Scared means knowing your name is written
in a book somewhere, knowing the wasps
will return next summer for another round,
that the feeling you get on a cliff’s edge is not the fear
of falling but jumping—of taking one step
and not even leaving a crumpled excuse.
My mother said to be scared was ever to know
you are alive. You can imagine what it was my father said.
Every time I sit on a motorcycle I know before
I crank the motor something terrible is going to happen.
Such easy things to lead in the wrong direction.
Such easy things on which to wave and say
Goodbye and I’m not coming back.
What I wanted was a cold pillow. What I got
was one memory after another, lining up at the front door
of my head and asking Do you have time to talk?
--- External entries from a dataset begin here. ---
-- ===== src/Host/Core.antt =====
-- Calls, replies, and the monad of programs that make calls and may return an error.
use vmkit_agent.Base.{
  arith, ℕ, String, ◌<>◌, Bool, true, false, not, Option, none, some, List, ◌∷◌, ◌≡◌,
}
use vmkit_agent.Base.{◌⊎◌, inl, inr, refl}

pub data Call : Type 0 where
  -- a command: its directory ("" for the agent's own), its time limit in seconds (0 for none),
  -- and its name with its arguments
  exec : String → ℕ → List String → Call
  geteuid : Call
  stat : String → Call
  mkdir_all : String → ℕ → Call
  write_file : String → String → ℕ → Call
  read_file : String → Call
  remove : String → Call
  rename : String → String → Call
  chmod : String → ℕ → Call
  read_dir : String → Call
  glob : String → Call
  -- the clock, formatted by the given layout
  now : String → Call
  -- milliseconds
  sleep : ℕ → Call
  executable : Call
  eval_symlinks : String → Call
  http_get : String → Call
  -- a file is opened for writing from its start; the body of the last answer is copied into it;
  -- it is closed
  create_file : String → ℕ → Call
  copy_body : String → Call
  close_file : String → Call
  -- a goroutine sleeps so many milliseconds and then starts a command
  start_later : ℕ → List String → Call
  -- two commands joined by a pipe: the pipe is made, each command is started and waited for
  stdout_pipe : List String → Call
  start : List String → Call
  wait : List String → Call
  -- a command that is given a text to read
  exec_input : List String → String → Call
  -- a file is opened, its size is asked for, and it is read to its end
  open_file : String → Call
  file_stat : String → Call
  read_opened : String → Call
  -- a request to upload a file is made and sent; the rest of an answer is read
  new_request : String → Call
  http_put : String → String → Call
  read_body : Call
  -- seconds since 1970; nanoseconds of the process's clock; the time since the operation began
  unix_time : Call
  clock : Call
  elapsed : Call
  remove_all : String → Call
  -- a command is looked for in the search path
  look_path : String → Call
  -- a compressed file that is open is read: its header, and then its text, as far as it goes
  gzip_reader : String → Call
  read_unzipped : String → Call

pub record DirEntry : Type 0 where
  pub name : String
  pub is_dir : Bool

-- An error with its text, or none, beside what the call returns. `not_exist` is the answer of
-- `os.IsNotExist` about the error.
pub record Reply : Type 0 where
  pub error : Option String
  pub not_exist : Bool
  pub output : String
  -- what a command writes to its standard error, where the program reads that apart
  pub errors : String
  pub number : ℕ
  pub entries : List DirEntry

-- The calls made, the latest first.
abbrev pub Trace : Type 0
Trace = List Call

abbrev pub Host : Type 0
Host = Call → Trace → Reply

pub data Outcome {ℓ} (A : Type ℓ) : Type ℓ where
  ok : A → Outcome A
  err : String → Outcome A

abbrev pub M : Type 0 → Type 0
M A = Host → Trace → Outcome A × Trace

abbrev pub after : {A B : Type 0} → Host → (A → M B) → Outcome A → Trace → Outcome B × Trace
after host f (ok a) w = f a host w
after host f (err e) w = (err e, w)

infixl 5 ◌>>=◌ ◌>>◌
abbrev pub ◌>>=◌ : {A B : Type 0} → M A → (A → M B) → M B
◌>>=◌ m f host w = let (r, w') = m host w in after host f r w'

abbrev pub ◌>>◌ : {A B : Type 0} → M A → M B → M B
m >> k = m >>= λ _. k

abbrev pub return : {A : Type 0} → A → M A
return a host w = (ok a, w)

abbrev pub of_outcome : {A : Type 0} → Outcome A → M A
of_outcome r host w = (r, w)

abbrev pub fail : {A : Type 0} → String → M A
fail e host w = (err e, w)

-- `if err != nil { return fmt.Errorf(...) }` on a test
abbrev pub ensure : Bool → String → M (Unit {0})
ensure true e = return tt
ensure false e = fail e

abbrev pub call : Call → M Reply
call c host w = (ok (host c w), c ∷ w)

abbrev pub succeeded : Reply → Bool
succeeded r = elim r.error [ none ↦ true | some e ↦ false ]

pub succeeded-none : (r : Reply) → succeeded r ≡ true → r.error ≡ none
succeeded-none r h = ground arith

abbrev pub error_text : Reply → String
error_text r = elim r.error [ none ↦ "" | some e ↦ e ]

-- A failed call ends the program with the text that `wrap` makes of its reply.
abbrev pub check : Reply → (Reply → String) → M Reply
check r wrap = elim r.error [ none ↦ return r | some e ↦ fail (wrap r) ]

abbrev pub require : Call → (Reply → String) → M Reply
require c wrap = do r ← call c; check r wrap

abbrev pub when : Bool → M (Unit {0}) → M (Unit {0})
when true m = m
when false m = return tt

-- The call is made and its error is dropped.
abbrev pub best_effort : Call → M (Unit {0})
best_effort c = do _ ← call c; return tt

-- `defer` of a call
abbrev pub finally : {A : Type 0} → Call → M A → M A
finally c m host w = let (r, w') = m host w in (r, c ∷ w')

-- A caller that looks at a program's error instead of returning it.
abbrev pub attempt : {A : Type 0} → M A → M (Outcome A)
attempt m host w = let (r, w') = m host w in (ok r, w')

abbrev under : {A : Type 0} → String → Outcome A → M A
under prefix (ok a) = return a
under prefix (err e) = fail (prefix <> e)

-- A program's error is returned with a text before it.
abbrev pub wrapped : {A : Type 0} → String → M A → M A
wrapped prefix m = do r ← attempt m; under prefix r

-- `if _, err := os.Stat(path); os.IsNotExist(err)`: no other error counts.
abbrev pub must_exist : String → String → M (Unit {0})
must_exist path e = do r ← call (stat path); ensure (not r.not_exist) e

-- `runCmd(timeout, name, args...)`, and `exec.Command(name, args...)` without a limit
abbrev pub cmd : ℕ → List String → Call
cmd limit argv = exec "" limit argv

abbrev pub message : String → Reply → String
message prefix r = prefix <> error_text r

pub Outcome-cases :
    {A : Type 0} (r : Outcome A) → ((a : A) × (r ≡ ok a)) ⊎ ((e : String) × (r ≡ err e))
Outcome-cases (ok a) = inl (a, refl)
Outcome-cases (err e) = inr (e, refl)

after-eq_ok :
    {A B : Type 0} (host : Host) (f : A → M B) (r : Outcome A) (w : Trace) {b : B}
    → (after host f r w).0 ≡ ok b
    → (a : A) × (r ≡ ok a) × (after host f r w ≡ f a host w)
after-eq_ok host f (ok a) w h = (a, refl, refl)
after-eq_ok host f (err e) w h = cc

-- A sequence that ends well is its second part, run on the value and the calls of the first.
pub bind-eq_ok :
    {A B : Type 0} (m : M A) (f : A → M B) (host : Host) (w : Trace) {b : B}
    → ((m >>= f) host w).0 ≡ ok b
    → (a : A) × ((m host w).0 ≡ ok a) × ((m >>= f) host w ≡ f a host (m host w).1)
bind-eq_ok m f host w h = after-eq_ok host f (m host w).0 (m host w).1 h

-- What holds of the calls of a program, and of those of what follows each value of it, holds of
-- the calls of both.
pub after-keeps :
    {A B : Type 0} (P : Trace → Type 0) (host : Host) (f : A → M B) (o : Outcome A) (w : Trace)
    → P w
    → ((a : A) → P (f a host w).1)
    → P (after host f o w).1
after-keeps P host f (ok a) w h next = next a
after-keeps P host f (err e) w h next = h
In 1922 my great-grandfather and his brother rode double
on an Indian Scout from the southeastern corner of Missouri
to the center of New York city. One month of that engine’s buzz
on gravel and dirt roads that wound around the country
like a loose-fitting belt. I wanted to see what America was
he said. I wanted to see the tallest buildings in the world.
For three days they looked up, ate steaks each night,
and then decided to come home. You can grow to love moving
he said to me one night, after we’d finished dessert.
You can also grow to love standing still.
I saw him only once in the hospital before he died,
held his small purple hand and stared at a dinner roll
torn in half. Tell me again about the trip to the city, I asked.
He looked out the window, hacked on his napkin and said
On such a long trip the hardest thing was holding on.
The photograph of a man falling from the sky
is the same photograph of the same man flying.
The picture of me on a two-bit Kawasaki is exactly the same thing, too,
regardless of what happens when I leave the frame’s edge.
Before my brother died he could park a truck between
two hills and jump it with his dirt bike on every try.
Jumping between two places is the same as flying
or falling to whatever comes next.
A two-stroke engine’s whine is meaner
than any other engine ever made.
In the picture I had grit in my teeth.
Wearing a helmet was the same as wearing a seatbelt.
Not wearing one the same as wearing old black leather.
Every Sunday in a small town not far from my home
the bikers roll in and eat hot wings and fried livers in mustard.
A gang is like a family without table manners.
The heart of the Midwest thumps like a bible on an empty pew
but no one can afford to rest on the Sabbath.
What we keep holy are engines and afternoon drives.
What we believe in is not so different from a journey.
Any story of loss must begin with a disaster
like Uncle Charles who lost three teeth crashing into a street light,
two fingers when he was working on the chain.
Before the first time I wrecked a bike I believed
that I was becoming what I’d always envisioned
I would. After I crashed I believed my arm wasn’t right
and that blood was coming from a warm and unknown place.
To give up is ever to say you were always defeated.
To turn your back means you’re of the yellow brand.
My brother could ride a wheelie for three blocks
and not even use his hands.
In some places not using hands is the opposite of magic.
Here it’s the same as making things disappear.
Common sense is the same as saying find a better way.
History the same as saying stand up and get back on.
Both are caught somewhere between being ridden
and handing over the keys and growling: Ride.
Great-grandpa would eat a mint chocolate and say think about it.
My brother would stand back and say Let ‘er rip.
I would say I’ve been down this road, and it looks like I’m going again.
In the end the clutch will grow soft and slip, the gas tank
will take in the tall grass and give it back.
In the end there will be the brake and the throttle,
and the steady moan of the engine will make you numb.